Your husband had done a good thing for the kids. He sounds dependable and thoughtful. Focus on that and you ll be happier.

Sewsosew · 19/12/2020 12:35

@Trizzledizzle my PIL were actually very working class and didn’t have much themselves. Which made it much worse. What’s even worse is BIL/SILs in laws are very well off, they never dared ask them.

DecemberDiana · 19/12/2020 12:42

Oh and just buy for the kids in future anyway. Or a token box of chocolates, I wouldn't be subsidising an adult.

Spidey66 · 19/12/2020 12:54

I agree with you, OP. But you must remember this is MN, where nobody is allowed to have negative opinions of others, even if they have no intention of voicing them.

Billben · 19/12/2020 13:04

I’m with you OP. I’ve got absolutely no sympathy when people like your SIL are pleading poverty. Yes, we all have different priorities. So don’t come moaning to me when your priority is to spend your money on what I consider tat and you have no money left.
The truth is, a lot of people pleading poverty would have a lot more money in their pocket if they sorted their priorities out. But why should they? The taxpayer will just bail them out.

ShopoholicIn · 19/12/2020 13:32

I understand what you mean and any other given time i would have been irked as well , but many people this year are spending more on Xmas as they feel this is the only time of the year they can meet their family and have a merry Xmas as don't know what lies ahead and had been a disappointing year overall. Also, is it not possible that the boxes are big but the gifts inside aren't very expensive?

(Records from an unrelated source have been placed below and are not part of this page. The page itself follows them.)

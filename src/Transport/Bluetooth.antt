-- ===== src/Transport/Bluetooth.antt =====
-- core/src/transport/bluetooth_windows.rs (and, word for word, bluetooth_stub.rs): the text form of
-- Bluetooth addresses and of the dial strings `AABBCCDDEEFF:CHANNEL`.
use mesh_chat.Prelude.{
  ℕ, ◌+◌, ◌-◌, ◌*◌, ◌/◌, ◌%◌, ◌^◌, ◌<◌, ◌≡◌, refl, ◌∙◌, ap, Text, text, some, [], ◌∷◌, ◌++◌, length,
  keep, All, All-mono, ◌==◌, not, Bool, true, false, if◌then◌else◌, arith,
}
use mesh_chat.Error.{Error, room_code, Result, ok, err, ◌>>=◌, ok_or}
use mesh_chat.Text.{is_ascii_hexdigit, is_ascii_digit, rsplit_once}
use mesh_chat.Text.Split.{rsplit_once-append}
use mesh_chat.Text.Decimal.{decimal, parse_unsigned, parse_unsigned-decimal, decimal-IsDigits}
use mesh_chat.Text.Hex.{upper_byte, hex_value, digit_value, upper_digit, digit_value-upper_digit}

-- `{:012X}` of the low 48 bits.
unfoldable pub format_addr : ℕ → Text
format_addr addr =
    upper_byte (addr / 2 ^ 40 % 256)
    ++ (upper_byte (addr / 2 ^ 32 % 256)
        ++ (upper_byte (addr / 2 ^ 24 % 256)
            ++ (upper_byte (addr / 2 ^ 16 % 256)
                ++ (upper_byte (addr / 2 ^ 8 % 256) ++ (upper_byte (addr % 256) ++ [])))))

unfoldable pub parse_addr : Text → Result Error ℕ
parse_addr s =
    let hex = keep is_ascii_hexdigit s in
    if not (length hex == 12)
    then err (room_code (text "'" ++ (s ++ text "' is not a 12 hex digit Bluetooth address")))
    else ok_or (hex_value 0 hex) (room_code (text "invalid digit found in string"))

abbrev u32_max : ℕ
u32_max = 2 ^ 32 - 1

unfoldable pub parse_dial : Text → Result Error (ℕ × ℕ)
parse_dial s = do
  (mac, chan) ←
      ok_or (rsplit_once b':' s) (room_code (text "'" ++ (s ++ text "' is not ADDRESS:CHANNEL")))
  addr ← parse_addr mac
  chan ←
      ok_or (parse_unsigned u32_max chan)
        (room_code (text "'" ++ (chan ++ text "' is not a valid RFCOMM channel")))
  ok (addr, chan)

-- A dial string as `listen` builds it.
unfoldable pub format_dial : ℕ → ℕ → Text
format_dial addr channel = format_addr addr ++ (b':' ∷ decimal channel)

abbrev IsHex : Text → Type 0
IsHex = All λ c. is_ascii_hexdigit c ≡ true

hexdigit-upper_digit : (n : ℕ) → n < 16 → is_ascii_hexdigit (upper_digit n) ≡ true
unfolding is_ascii_hexdigit upper_digit
hexdigit-upper_digit n h = ground arith

upper_byte-hexdigits : (b : ℕ) (s : Text) → IsHex s → IsHex (upper_byte b ++ s)
unfolding upper_byte
upper_byte-hexdigits b s h = (
  hexdigit-upper_digit (b / 16 % 16) (omega arith),
  (hexdigit-upper_digit (b % 16) (omega arith), h),
)

format_addr-IsHex : (addr : ℕ) → IsHex (format_addr addr)
unfolding format_addr
format_addr-IsHex addr = upper_byte-hexdigits (addr / 2 ^ 40 % 256) _ (
    upper_byte-hexdigits (addr / 2 ^ 32 % 256) _ (
      upper_byte-hexdigits (addr / 2 ^ 24 % 256) _ (
        upper_byte-hexdigits (addr / 2 ^ 16 % 256) _
          (upper_byte-hexdigits (addr / 2 ^ 8 % 256) _ (upper_byte-hexdigits (addr % 256) [] tt)))))

keep_full : (p : ℕ → Bool) (s : Text) → All (λ c. p c ≡ true) s → keep p s ≡ s
keep_full p [] h = refl
keep_full p (c ∷ s) h = ground (arith, keep_full p s h.1)

length-format_addr : (addr : ℕ) → length (format_addr addr) ≡ 12
unfolding format_addr
length-format_addr addr = unfold upper_byte in refl

hex_value_step :
    (n c d : ℕ) (s : Text) → digit_value c ≡ some d → hex_value n (c ∷ s) ≡ hex_value (n * 16 + d) s
unfolding hex_value
hex_value_step n c d s e = ground arith

-- Two digits more are one byte more.
hex_value-upper_byte :
    (n b : ℕ) (s : Text) → b < 256 → hex_value n (upper_byte b ++ s) ≡ hex_value (n * 256 + b) s
unfolding upper_byte
hex_value-upper_byte n b s h =
    hex_value_step n _ (b / 16 % 16) _ (digit_value-upper_digit (b / 16 % 16) (omega arith))
    ∙ hex_value_step _ _ (b % 16) s (digit_value-upper_digit (b % 16) (omega arith))
    ∙ ap (λ (k : ℕ). hex_value k s) {x = (n * 16 + b / 16 % 16) * 16 + b % 16} {y = n * 256 + b}
        (omega arith)

hex_value-format_addr : (addr : ℕ) → addr < 2 ^ 48 → hex_value 0 (format_addr addr) ≡ some addr
hex_value-format_addr addr h =
    unfold format_addr in
    hex_value-upper_byte 0 (addr / 2 ^ 40 % 256) _ (omega arith)
    ∙ hex_value-upper_byte _ (addr / 2 ^ 32 % 256) _ (omega arith)
    ∙ hex_value-upper_byte _ (addr / 2 ^ 24 % 256) _ (omega arith)
    ∙ hex_value-upper_byte _ (addr / 2 ^ 16 % 256) _ (omega arith)
    ∙ hex_value-upper_byte _ (addr / 2 ^ 8 % 256) _ (omega arith)
    ∙ hex_value-upper_byte _ (addr % 256) [] (omega arith)
    ∙ unfold hex_value in ap some (omega arith)

pub parse_addr-format_addr : (addr : ℕ) → addr < 2 ^ 48 → parse_addr (format_addr addr) ≡ ok addr
unfolding parse_addr
parse_addr-format_addr addr h = rw (
  keep_full is_ascii_hexdigit (format_addr addr) (format_addr-IsHex addr),
  hex_value-format_addr addr h,
  length-format_addr addr,
)

digit_no_colon : (c : ℕ) → is_ascii_digit c ≡ true → (c == b':') ≡ false
unfolding is_ascii_digit
digit_no_colon c h = ground arith

-- A dial string is read back as the address and channel that it was made of.
pub parse_dial-format_dial :
    (addr channel : ℕ)
    → addr < 2 ^ 48
    → channel < 2 ^ 32
    → parse_dial (format_dial addr channel) ≡ ok (addr, channel)
unfolding parse_dial format_dial
parse_dial-format_dial addr channel h c = rw (
  rsplit_once-append b':' (format_addr addr) (decimal channel)
      (All-mono _ _ (decimal channel) digit_no_colon (decimal-IsDigits channel)),
  parse_addr-format_addr addr h,
  parse_unsigned-decimal u32_max channel (omega arith) (omega arith),
)
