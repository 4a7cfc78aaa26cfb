-- ===== src/RoomCode/Base32.antt =====
-- `b32_encode`, `b32_value` and `b32_decode` of core/src/roomcode.rs: Crockford base 32.
pub mod RoundTrip
use mesh_chat.Prelude.{
  ℕ, zero, suc, ◌+◌, ◌-◌, ◌*◌, ◌/◌, ◌%◌, ◌^◌, ◌<◌, Text, Bytes, text, Option, none, some, List, [],
  ◌∷◌, ◌++◌, length, take, ltb, leb, ◌==◌, ◌||◌, Bool, true, false, if◌then◌else◌,
}
use mesh_chat.Error.{Error, room_code, Result, ok, err, ◌>>=◌, ok_or}
use mesh_chat.Text.{to_ascii_uppercase}

unfoldable pub alphabet : Text
unfolding text
alphabet = text "0123456789ABCDEFGHJKMNPQRSTVWXYZ"

abbrev nth : Text → ℕ → ℕ
nth [] i = 0
nth (c ∷ s) zero = c
nth (c ∷ s) (suc i) = nth s i

-- `ALPHABET[i]`; the index is masked to five bits, so it is in range.
unfoldable pub digit : ℕ → ℕ
unfolding alphabet
digit i = nth alphabet i

-- `(acc << k) | b` in a `u32`, for a `b` below `2 ^ k`.
abbrev pub shift_in : ℕ → ℕ → ℕ → ℕ
shift_in acc k b = acc * 2 ^ k % 2 ^ 32 + b

-- `while bits >= 5`: the characters that it pushes, and the bits that it leaves.
unfoldable pub drain : ℕ → ℕ → Text
drain acc (suc (suc (suc (suc (suc bits))))) = digit (acc / 2 ^ bits % 32) ∷ drain acc bits
drain acc _ = []

unfoldable pub undrained : ℕ → ℕ
undrained (suc (suc (suc (suc (suc bits))))) = undrained bits
undrained bits = bits

unfoldable pub encode_loop : ℕ → ℕ → Bytes → Text
unfolding drain undrained
encode_loop acc bits [] = if ltb 0 bits then digit (acc * 2 ^ (5 - bits) % 2 ^ 32 % 32) ∷ [] else []
encode_loop acc bits (b ∷ bytes) =
    let acc' = shift_in acc 8 b in
    drain acc' (bits + 8) ++ encode_loop acc' (undrained (bits + 8)) bytes

unfoldable pub b32_encode : Bytes → Text
unfolding encode_loop
b32_encode bytes = encode_loop 0 0 bytes

-- The substitutions for characters that people commonly mistype.
unfoldable pub substitute : ℕ → ℕ
substitute c = if c == b'I' || c == b'L' then b'1' else if c == b'O' then b'0' else c

position : ℕ → Text → Option ℕ
position c [] = none
position c (a ∷ s) = elim (a == c) [
  | true ↦ some 0
  | false ↦ elim (position c s) [ none ↦ none | some p ↦ some (suc p) ]
]

unfoldable pub b32_value : ℕ → Result Error ℕ
unfolding alphabet position substitute to_ascii_uppercase
b32_value c =
    let c' = substitute (to_ascii_uppercase c) in
    ok_or (position c' alphabet)
      (room_code (text "'" ++ (c' ∷ text "' is not a valid character in a room code")))

unfoldable pub decode_loop : ℕ → ℕ → Bytes → Text → Result Error Bytes
decode_loop acc bits out [] = ok out
decode_loop acc bits out (c ∷ s) = b32_value c >>= λ v.
    let acc' = shift_in acc 5 v in
    let bits' = bits + 5 in
    elim (leb 8 bits') [
      | true ↦ decode_loop acc' (bits' - 8) (out ++ (acc' / 2 ^ (bits' - 8) % 256) ∷ []) s
      | false ↦ decode_loop acc' bits' out s
    ]

unfoldable pub b32_decode : Text → ℕ → Result Error Bytes
b32_decode s expected_bytes = do
  out ← decode_loop 0 0 [] s
  if ltb (length out) expected_bytes
      then err (room_code (text "room code is too short"))
      else ok (take expected_bytes out)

Scr00gy · 19/12/2020 14:04

ShopoholicIn

I actually said I DON'T know that's wrapped up, but that the things I can see, the tree, the new decorations and outdoor inflatable things and light statues, probably amount to the cost of the laptop. Some things, like the reindeer, are from John Lewis.

Anyway, I've decided to pull an Elsa and Let It Go Grin

OP posts:
ShopoholicIn · 21/12/2020 03:34

@Scr00gy

Aah ok.. Yes perhaps best to let it goGrin

PastaPins · 21/12/2020 04:44

It's none of your business?

nosswith · 21/12/2020 08:32

Money management is a skill. Martyn Lewis should be commended for raising its profile. Some people are financially illiterate, some who claim to be broke are not in reality but whingers, some I think spend a lot because they are unable to say no to child 'pester power'.

Given the number of people in this country who have real poverty, I hope your SIL is only saying this to you. Perhaps suggest she watches the programme on Marcus Rashford's campaign tonight.

OoohTheStatsDontLie · 21/12/2020 08:37

Surprised at these responses. Yes it would surely annoy most people to see their nieces and nephews go without something they need for their education, while their parent buys them endless rounds of tat. Yea everyone needs some christmas cheer but buying endless new amounts of tat every year isnt something that children need, and the thought of them falling behind at school so they can have an inflatable santa this year instead of last year inflatable snowman or something is really sad. Yanbu to be frustrated in my opinion.